Postcard From Toronto

A couple of week’s ago, I went to my first anti-lockdown rally. I went because I needed to publicly show my questioning of blanket, nonsensical restrictions in Toronto. While big box stores remained open, small, local businesses were closed; schools and churches remained closed, while golf is now open – FORE! I thought, surely we will see a developing plan of action? None came. Just the same lockdown since last November. So I went to show up for the loss of care due to lockdown harms – lost primary care, chronic care, cancer and cardiac care, mental health care, chronic loneliness for the isolated elderly, and last but not least, a lost year or two for our young people.

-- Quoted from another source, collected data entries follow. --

-- ===== src/Template/Items.antt =====
-- src/container-template.ts: the mounts, PATH additions and ports of a document.
pub mod Laws
pub mod Inherited
use dsh_podman.Prelude.{
  ℕ, Bool, true, false, List, [], ◌∷◌, Option, none, some, ok, throw, if◌then◌else◌, not, ◌>>=◌,
  ◌>>◌, throw_if, ◌||◌, leb, ◌&&◌,
}
use dsh_podman.Text.{Text, text, ◌===◌, includes, has_unit}
use dsh_podman.Value.{
  Value, undef, str, num, obj, Fields, get, own_entries, has_key, prototype_names, null, bool,
  other_num, arr,
}
use dsh_podman.Mount.Enums.{default_mount_mode}
use dsh_podman.Template.{
  Checked, fail, TemplateError, template_error, type_error, TemplateMount, project, volume, secret,
  tmpfs, MountMode, read_only, read_write, TemplatePort, expected_mount, expected_port,
  unknown_mount_kind, mount_does_not_take, expected_project_path, expected_destination,
  invalid_mount_mode, invalid_volume_name, invalid_container_port, protocol_required,
  unsupported_protocol, invalid_host_port, path_units, expected_directory,
}
use dsh_podman.Template.Names.{matches_secret}
use dsh_podman.Template.Paths.{
  clean_absolute_path, clean_absolute_text, normalize_project_path, has_control,
}
use dsh_podman.Template.Fields.{dotted, reject_unknown, string_value, non_empty_string, secret_name}

-- `MOUNT_KEYS[kind]`: the table is a plain object, so a name of `Object.prototype` finds what is no
-- set of keys.
pub data MountKeys : Type 0 where
  keys : List Text → MountKeys
  inherited absent : MountKeys

unfoldable pub mount_keys : Text → MountKeys
mount_keys kind =
    if kind === text "project"
    then keys (text "kind" ∷ text "project" ∷ text "mode" ∷ [])
    else if kind === text "volume"
    then keys (text "kind" ∷ text "volume" ∷ text "destination" ∷ text "mode" ∷ [])
    else if kind === text "secret"
    then keys (text "kind" ∷ text "secret" ∷ text "destination" ∷ [])
    else if kind === text "tmpfs"
    then keys (text "kind" ∷ text "destination" ∷ [])
    else if includes kind prototype_names
    then inherited
    else absent

-- The keys of other kinds, which a message names as such.
unfoldable pub forbidden_keys : Text → List Text
forbidden_keys kind =
    if kind === text "project"
    then text "destination" ∷ text "volume" ∷ text "secret" ∷ []
    else if kind === text "tmpfs"
    then text "project" ∷ text "volume" ∷ text "secret" ∷ text "size" ∷ text "mode" ∷ []
    else if kind === text "secret"
    then text "mode" ∷ []
    else []

reject_forbidden : Text → List Text → Fields → Text → Checked (Unit {0})
reject_forbidden kind [] value path = ok tt
reject_forbidden kind (key ∷ rest) value path =
    let others = reject_forbidden kind rest value path in
    if has_key key value then fail (mount_does_not_take kind key) (dotted path key) else others

-- A mode of the two that the type allows, from its spelling.
unfoldable pub mount_mode_of : Text → MountMode
mount_mode_of mode = if mode === text "read_write" then read_write else read_only

unfoldable pub parse_mount_mode : Value → Text → Text → Checked MountMode
parse_mount_mode undef path kind = ok (mount_mode_of (default_mount_mode kind))
parse_mount_mode (str mode) path kind =
    if mode === text "read_only"
    then ok read_only
    else if mode === text "read_write"
    then ok read_write
    else fail (invalid_mount_mode (str mode)) path
parse_mount_mode value path kind = fail (invalid_mount_mode value) path

-- `if (x === undefined) throw e`
abbrev pub require : {A : Type 0} → Option A → TemplateError → Checked A
require none e = throw e
require (some x) e = ok x

destination_of : Fields → Text → Checked Text
destination_of value path =
    require (clean_absolute_path (get (text "destination") value))
      (template_error expected_destination (dotted path (text "destination")))

project_of : Fields → Text → Checked TemplateMount
project_of value path = do
  found ←
      require (normalize_project_path (get (text "project") value))
        (template_error expected_project_path (dotted path (text "project")))
  mode ← parse_mount_mode (get (text "mode") value) (dotted path (text "mode")) (text "project")
  ok (project found mode)

tmpfs_of : Fields → Text → Checked TemplateMount
tmpfs_of value path = do destination ← destination_of value path; ok (tmpfs destination)

secret_of : Fields → Text → Checked TemplateMount
secret_of value path = do
  destination ← destination_of value path
  name ← secret_name (get (text "secret") value) (dotted path (text "secret"))
  ok (secret name destination)

volume_of : Fields → Text → Checked TemplateMount
volume_of value path = do
  destination ← destination_of value path
  name ← non_empty_string (get (text "volume") value) (dotted path (text "volume"))
  throw_if (not (matches_secret name))
      (template_error (invalid_volume_name name) (dotted path (text "volume")))
  mode ← parse_mount_mode (get (text "mode") value) (dotted path (text "mode")) (text "volume")
  ok (volume name destination mode)

by_kind : {A : Type 0} → Text → A → A → A → A → A
by_kind kind for_project for_tmpfs for_secret for_volume =
    if kind === text "project"
    then for_project
    else if kind === text "tmpfs"
    then for_tmpfs
    else if kind === text "secret"
    then for_secret
    else for_volume

mount_of : Text → Fields → Text → Checked TemplateMount
unfolding by_kind project_of tmpfs_of secret_of volume_of destination_of
mount_of kind value path =
    by_kind kind (project_of value path) (tmpfs_of value path) (secret_of value path)
      (volume_of value path)

-- `rejectUnknown` on what `MOUNT_KEYS[kind]` found: an object that is no set has no `has` to call, so
-- that the first own entry of the mount ends in a type error.
reject_entries_of : Option (List Text) → Fields → List (Text × Value) → Text → Checked (Unit {0})
reject_entries_of (some allowed) value entries path = reject_unknown value allowed path
reject_entries_of none value [] path = ok tt
reject_entries_of none value (entry ∷ entries) path = throw type_error

mount_with : Option (List Text) → Text → Fields → Text → Checked TemplateMount
unfolding mount_of reject_forbidden reject_entries_of
mount_with allowed kind value path = do
  reject_forbidden kind (forbidden_keys kind) value path
  reject_entries_of allowed value (own_entries value) path
  mount_of kind value path

mount_allowed : MountKeys → Text → Fields → Text → Checked TemplateMount
unfolding mount_with
mount_allowed absent kind value path = fail (unknown_mount_kind kind) (dotted path (text "kind"))
mount_allowed inherited kind value path = mount_with none kind value path
mount_allowed (keys allowed) kind value path = mount_with (some allowed) kind value path

unfoldable pub parse_mount : Value → Text → Checked TemplateMount
unfolding mount_allowed
parse_mount (obj value) path = do
  kind ← non_empty_string (get (text "kind") value) (dotted path (text "kind"))
  mount_allowed (mount_keys kind) kind value path
parse_mount _ path = fail expected_mount path

-- A number that is an integer between two bounds.
abbrev port_in : ℕ → Value → Option ℕ
port_in least (num n) = if leb least n && leb n 65535 then some n else none
port_in least _ = none

check_protocol : Value → Text → Checked (Unit {0})
check_protocol undef path = fail protocol_required (dotted path (text "protocol"))
check_protocol (str protocol) path =
    if protocol === text "tcp"
    then ok tt
    else fail (unsupported_protocol (str protocol)) (dotted path (text "protocol"))
check_protocol value path = fail (unsupported_protocol value) (dotted path (text "protocol"))

host_of : Value → Text → Checked (Option ℕ)
host_of undef path = ok none
host_of value path = do
  port ← require (port_in 1024 value) (template_error invalid_host_port (dotted path (text "host")))
  ok (some port)

unfoldable pub parse_port : Value → Text → Checked TemplatePort
unfolding check_protocol host_of
parse_port (obj value) path = do
  reject_unknown value (text "container" ∷ text "host" ∷ text "protocol" ∷ []) path
  container ←
      require (port_in 1 (get (text "container") value))
        (template_error invalid_container_port (dotted path (text "container")))
  check_protocol (get (text "protocol") value) path
  host ← host_of (get (text "host") value) path
  ok (record { container = container; host = host })
parse_port _ path = fail expected_port path

unfoldable pub parse_path : Value → Text → Checked Text
parse_path value path = do
  s ← string_value value path
  throw_if (has_unit b':' s || has_control s) (template_error path_units path)
  require (clean_absolute_text s) (template_error expected_directory path)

Going to rallies isn’t my thing. I’m not big on shouting and burning bras. A women my age needs all the support she can get. I went because my local MPs didn’t return my polite emails asking them for the reasons around the overlapping, illogical lockdowns. Keeping up with Ontario’s non reopening plans (the province in which Toronto sits, its logo – “Yours To Discover” – a wistful reminder of past meanderings, currently not permitted by a stay-at-home-order which no-one knows for sure still exists) I wanted to know what risk assessments had been done to validate lockdown. “We are following public health guidelines…” was the auto-response. We were told our numbers needed to go down by the daily TV announcements.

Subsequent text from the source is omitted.